_Data excerpts_
-- ===== src/Marshal/Space.antt =====
-- lib/sql/marshal.cpp: `getRowSpace` and `getFixedRowSpace` against the bytes that are written.
use relvec_db.Common.{
  ℕ, suc, ◌+◌, ◌/◌, ◌%◌, ◌^◌, ◌<◌, ◌≤◌, ◌≡◌, ◌≢◌, refl, ap, ◌∙◌, false, List, [], ◌∷◌, arith,
  length, drop, get_elem?, some, if◌then◌else◌, length-append, ◌==◌, leb,
}
use relvec_db.Common.Outcome.{ok, >>=-eq-ok, guard, assertion}
use relvec_db.Row.{
  ColumnType, ColumnSchema, Schema, Value, null, boolean, uint64, int64, string, Row, is_null,
}
use native.Mathlib.Nat.{add_assoc}
use relvec_db.Marshal.{
  type_space, string_space, serialize_row, get_row_space, get_nulls, fixed_space_from,
  string_space_from, get_fixed_row_space, new_marshal, calculate_fixed_row_space,
}
use relvec_db.Marshal.Nulls.{mask, mask-step, bit_at-mask, get_nulls-mask}
use relvec_db.Marshal.Columns.{Holds, type_bytes, length-type_bytes}
use relvec_db.Marshal.RoundTrip.{
  Fits, FitsRow, value_bytes, row_bytes, get_elem?-drop, drop-step, written, serialize_row-written,
  length-written,
}

-- What the two loops add for one column, and the bytes that it takes.
record Spaces (c : ColumnSchema) (v : Value) (row : Row) (i : ℕ) : Type 0 where
  fixed : ℕ
  own : ℕ
  fixed_eq : (if is_null v then ok 0 else type_space c.type c.len) ≡ ok fixed
  own_eq : (if is_null v then ok 0 else string_space c.type row i) ≡ ok own
  sum : length (value_bytes c v) ≡ fixed + own

Spaces-of :
    (c : ColumnSchema) (v : Value) (row : Row) (i : ℕ)
    → is_null v ≡ false
    → Holds c.type c.len v
    → get_elem? row i ≡ some v
    → Spaces c v row i
unfolding value_bytes
Spaces-of c v row i nn h e =
    let (a, b, ea, eb, s) = length-type_bytes c.type c.len v row i h e in
    record { fixed = a; own = b; fixed_eq = rw nn ea; own_eq = rw nn eb; sum = rw nn s }

column-Spaces :
    (c : ColumnSchema) (v : Value) (row : Row) (i : ℕ)
    → Fits c v
    → get_elem? row i ≡ some v
    → Spaces c v row i
unfolding value_bytes
column-Spaces c null row i h e = record {
  fixed = 0;
  own = 0;
  fixed_eq = refl;
  own_eq = refl;
  sum = omega arith;
}
column-Spaces c (boolean b) row i h e = Spaces-of c (boolean b) row i refl h e
column-Spaces c (uint64 n) row i h e = Spaces-of c (uint64 n) row i refl h e
column-Spaces c (int64 z) row i h e = Spaces-of c (int64 z) row i refl h e
column-Spaces c (string s) row i h e = Spaces-of c (string s) row i refl h e

-- The same of the columns from `i` on, from any start of the two sums.
record RowSpaces (schema : Schema) (row vs : Row) (n i : ℕ) : Type 0 where
  fixed : ℕ
  own : ℕ
  fixed_eq : (acc : ℕ) → fixed_space_from schema (mask vs) acc ≡ ok (acc + fixed)
  own_eq : (acc : ℕ) → string_space_from n row i schema acc ≡ ok (acc + own)
  sum : length (row_bytes schema vs) ≡ fixed + own

mask-parity : (v : Value) (vs : Row) → (mask (v ∷ vs) % 2 == 1) ≡ is_null v
unfolding mask
mask-parity v vs = ground arith

mask-half : (v : Value) (vs : Row) → mask (v ∷ vs) / 2 ≡ mask vs
unfolding mask
mask-half v vs = ground arith

row_spaces :
    (schema : Schema) (row vs : Row) (n i : ℕ)
    → FitsRow schema vs
    → drop i row ≡ vs
    → n / 2 ^ i ≡ mask vs
    → RowSpaces schema row vs n i
unfolding fixed_space_from string_space_from row_bytes
row_spaces [] row vs n i h e m = record {
  fixed = 0;
  own = 0;
  fixed_eq = λ acc. ground arith;
  own_eq = λ acc. ground arith;
  sum = omega arith;
}
row_spaces (c ∷ schema) row [] n i h e m = absurd h
row_spaces (c ∷ schema) row (v ∷ vs) n i (h, hs) e m =
    let s = column-Spaces c v row i h (get_elem?-drop row i v vs e) in
    let t = row_spaces schema row vs n (suc i) hs (drop-step row i v vs e) (mask-step n i v vs m) in
    record {
      fixed = s.fixed + t.fixed;
      own = s.own + t.own;
      fixed_eq = λ acc.
          rw (mask-parity v vs, mask-half v vs, s.fixed_eq)
            (t.fixed_eq (acc + s.fixed) ∙ ap ok (add_assoc acc s.fixed t.fixed));
      own_eq = λ acc.
          rw (bit_at-mask n i v vs m, s.own_eq)
            (t.own_eq (acc + s.own) ∙ ap ok (add_assoc acc s.own t.own));
      sum = omega (arith, length-append (value_bytes c v) (row_bytes schema vs), s.sum, t.sum);
    }

space_sum :
    (schema : Schema) (row : Row) (s : RowSpaces schema row row (get_nulls row) 0)
    → get_row_space schema row ≡ ok (8 + s.fixed + s.own)
unfolding get_row_space
space_sum schema row s = ground (arith, get_nulls-mask row, s.fixed_eq 8, s.own_eq (8 + s.fixed))

-- `getRowSpace` returns the number of bytes that `serializeRow` writes, for a row that fits its
-- schema and has fewer than 64 columns.
pub get_row_space-serialize_row :
    (schema : Schema) (row : Row)
    → FitsRow schema row
    → length row < 64
    → (bytes : List ℕ) × (serialize_row schema row ≡ ok bytes)
      × (get_row_space schema row ≡ ok (length bytes))
unfolding get_row_space
get_row_space-serialize_row schema row h l =
    let m : get_nulls row / 2 ^ 0 ≡ mask row = omega (arith, get_nulls-mask row) in
    let s = row_spaces schema row row (get_nulls row) 0 h refl m in
    let total : 8 + s.fixed + s.own ≡ length (written schema row) =
      omega (arith, length-written schema row, s.sum) in
    (written schema row, serialize_row-written schema row h l, space_sum schema row s ∙ ap ok total)

-- No column of the type that is stored with a length of its own.
abbrev pub IsFixed : Schema → Type 0
IsFixed [] = Unit
IsFixed (c ∷ schema) = (c.type ≢ ColumnType.string) × IsFixed schema

type_bytes-le :
    (t : ColumnType) (len a : ℕ) (v : Value)
    → t ≢ ColumnType.string
    → Holds t len v
    → type_space t len ≡ ok a
    → length (type_bytes t len v) ≤ a
unfolding string_space
type_bytes-le ColumnType.string len a v ns h e = absurd (ns refl)
type_bytes-le t len a v ns h e =
    let (a', b, ea, eb, s) = length-type_bytes t len v (v ∷ []) 0 h refl in ground arith

value_bytes-le :
    (c : ColumnSchema) (v : Value) (a : ℕ)
    → c.type ≢ ColumnType.string
    → Fits c v
    → type_space c.type c.len ≡ ok a
    → length (value_bytes c v) ≤ a
unfolding value_bytes
value_bytes-le c null a ns h e = omega arith
value_bytes-le c (boolean b) a ns h e = type_bytes-le c.type c.len a (boolean b) ns h e
value_bytes-le c (uint64 n) a ns h e = type_bytes-le c.type c.len a (uint64 n) ns h e
value_bytes-le c (int64 z) a ns h e = type_bytes-le c.type c.len a (int64 z) ns h e
value_bytes-le c (string s) a ns h e = type_bytes-le c.type c.len a (string s) ns h e

fixed_bound :
    (schema : Schema) (vs : Row) (acc n : ℕ)
    → IsFixed schema
    → FitsRow schema vs
    → fixed_space_from schema 0 acc ≡ ok n
    → acc + length (row_bytes schema vs) ≤ n
unfolding fixed_space_from row_bytes
fixed_bound [] vs acc n f h e = ground arith
fixed_bound (c ∷ schema) [] acc n f h e = absurd h
fixed_bound (c ∷ schema) (v ∷ vs) acc n (nc, f) (h, hs) e =
    let (a, ea, er) = >>=-eq-ok (type_space c.type c.len) _ e in
    omega (
      arith,
      length-append (value_bytes c v) (row_bytes schema vs),
      value_bytes-le c v a nc h ea,
      fixed_bound schema vs (acc + a) n f hs er,
    )

pub fixed_space-new_marshal :
    (schema : Schema) (n : ℕ) → new_marshal schema ≡ ok n → fixed_space_from schema 0 8 ≡ ok n
unfolding new_marshal calculate_fixed_row_space
fixed_space-new_marshal schema n e =
    let (m, em, er) = >>=-eq-ok (fixed_space_from schema 0 8) _ e in
    let (_, _, es) = >>=-eq-ok (guard (leb (length schema) 64) assertion) _ er in em ∙ es

-- For a schema without string columns, a row that fits it and has fewer than 64 columns is written
-- in at most `getFixedRowSpace` bytes.
pub serialize_row-le-fixed_row_space :
    (schema : Schema) (row : Row) {n : ℕ}
    → IsFixed schema
    → get_fixed_row_space schema ≡ ok n
    → FitsRow schema row
    → length row < 64
    → (bytes : List ℕ) × (serialize_row schema row ≡ ok bytes) × (length bytes ≤ n)
unfolding get_fixed_row_space
serialize_row-le-fixed_row_space schema row {n} f e h l =
    let space = fixed_space-new_marshal schema n e in
    (
      written schema row,
      serialize_row-written schema row h l,
      omega (arith, length-written schema row, fixed_bound schema row 8 n f h space),
    )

_About this task_
Scan the records for lines with the word "then". Report how many, with no other words.

_Your solution_
3